These days I am working on many languages like Vietnamese, Dutch, Thai apart from Indian languages. Now the Chinese turn comes. I was always interested to know more about China for different reasons. Some of them are China is a neighboring country of mine, recent political disturbances between China and India, more news about China saving the world from recession, Super Emerging power blah blah. I always wonder why there is such a economic gap between India and China. Is it because of the political system adopted by India (democracy) and China (communism) or is it because of the nature of people or is it something else. Anyways we have many things to learn from China and there is a long way to go. I am not against India or China. I feel China and we are more related in terms of culture, relations, religious cultures etc but there is a huge gap in Technology. One good thing was that IT in India is on par (or above) with China. Rather than fighting, I think we should help each other more so that two huge global powers rise.

Ahh.. As far as I am concerned (as a NLP researcher), my goal is to learn a bit of Chinese language structure and collect the biggest Chinese language corpora ever made so that my name is scribed on golden walls of Chinese history ;)

Let me highlight that An educated Chinese uses about three to four thousand characters ( I was amazed to know this. OMG!!) Ok, let me tell you more about Chinese (in formal words).

Brief Introduction to Chinese

About one-fifth of the world’s population, or over one billion people, speak some form of Chinese as their native language. There are between seven and thirteen main regional groups of Chinese (depending on classification scheme), of which the most spoken, by far, are Mandarin (about 850 million), followed by Wu (90 million), Cantonese (Yue) (70 million) and Min (70 million). Some people call Chinese a language and its subdivisions as dialects, while others call Chinese a language family and its subdivisions as languages. The identification of the varieties of Chinese as "dialects" instead of "languages" is considered inappropriate by some linguists and Sinologists. This is mainly because most of these groups are mutually unintelligible (not understood without learning or much effort), although some, like Xiang and the Southwest Mandarin dialects, may share common terms and some degree of intelligibility.

Chinese Writing System

All the above varieties of Chinese have common writing systems. Traditional Chinese and Simplified Chinese characters are the two standard sets of printed Chinese characters (also called hanzi). Simplified Chinese character forms were created by decreasing the number of strokes and simplifying the forms of a sizable proportion of traditional Chinese characters. Simplified Chinese is mostly used in China (aka People Republic of China), Singapore and the United Nations whereas Traditional Chinese is used in Taiwan (aka Republic of China), Hong Kong and Macau. Debate on Simplified Chinese Vs Traditional Chinese can be found here.

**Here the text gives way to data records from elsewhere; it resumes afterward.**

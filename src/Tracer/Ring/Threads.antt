-- ===== src/Tracer/Ring/Threads.antt =====
-- The owner of a ring and the drain run at the same time: the steps of `otel_span_end_` and of
-- `otel_drain_ctx` on the shared `struct otel_thread_ctx`, in any order.
use oteltracing_c.Base.{ℕ, ◌+◌, ◌%◌, ◌^◌, ◌≡◌, true, false, List, [], ◌∷◌, ◌++◌}
use oteltracing_c.Base.Tests.{leb, ◌==◌}
use oteltracing_c.Span.{Span}
use oteltracing_c.Tracer.Ring.{Ring, used, set_slot, publish}

-- Where `otel_span_end_` is: outside, past the test of the cursors, or past the copy into the slot.
pub data Producer : Type 0 where
  outside : Producer
  ready : Span → Producer
  written : Span → Producer

-- Where `otel_drain_ctx` is: outside, or in its loop with its `tail` and the `head` that it loaded.
pub data Consumer : Type 0 where
  away : Consumer
  looping : (tail head : ℕ) → Consumer

-- `accepted` and `emitted` record the spans that the producer published and the consumer emitted.
pub record Shared : Type 0 where
  pub ring : Ring
  pub producer : Producer
  pub consumer : Consumer
  pub accepted : List Span
  pub emitted : List Span

pub data Step (t : Shared) : Shared → Type 0 where
  check :
      (s : Span)
      → t.producer ≡ outside
      → leb t.ring.capacity (used t.ring) ≡ false
      → Step t (record t { producer = ready s })
  refuse :
      t.producer ≡ outside
      → leb t.ring.capacity (used t.ring) ≡ true
      → Step t (record t { ring = record (t.ring) { dropped = (t.ring.dropped + 1) % 2 ^ 64 } })
  copy :
      (s : Span)
      → t.producer ≡ ready s
      → Step t (record t { ring = set_slot t.ring s; producer = written s })
  store_head :
      (s : Span)
      → t.producer ≡ written s
      → Step t (record t {
        ring = publish t.ring;
        producer = outside;
        accepted = t.accepted ++ (s ∷ []);
      })
  load : t.consumer ≡ away → Step t (record t { consumer = looping t.ring.tail t.ring.head })
  emit :
      (tail head : ℕ)
      → t.consumer ≡ looping tail head
      → (tail == head) ≡ false
      → Step t (record t {
        consumer = looping ((tail + 1) % 2 ^ 64) head;
        emitted = t.emitted ++ (t.ring.slots (tail % t.ring.capacity) ∷ []);
      })
  store_tail :
      (tail head : ℕ)
      → t.consumer ≡ looping tail head
      → (tail == head) ≡ true
      → Step t (record t { ring = record (t.ring) { tail = tail }; consumer = away })

-- any number of steps
pub data Steps (t : Shared) : Shared → Type 0 where
  stop : Steps t t
  then_step : {u v : Shared} → Steps t u → Step u v → Steps t v

-- a ring that `otel_thread_register` made, before anything ran
abbrev pub start : Ring → Shared
start r = record { ring = r; producer = outside; consumer = away; accepted = []; emitted = [] }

Web and electronic presence of Simplified Chinese is estimated to be more than Traditional Chinese.

Pinyin is currently the most commonly used romanization system for Chinese. Even this is used on web extensively (Mostly by foreign language learners and recent generations). Currently, standard Mandarin is taught in schools with Pinyin writing system.

Chinese Morphology

The number of Chinese characters contained in the Kangxi dictionary is approximately 47,035, although a large number of these are rarely used variants accumulated throughout history. An educated Chinese uses about three to four thousand characters ( I was amazed to know this. OMG!!)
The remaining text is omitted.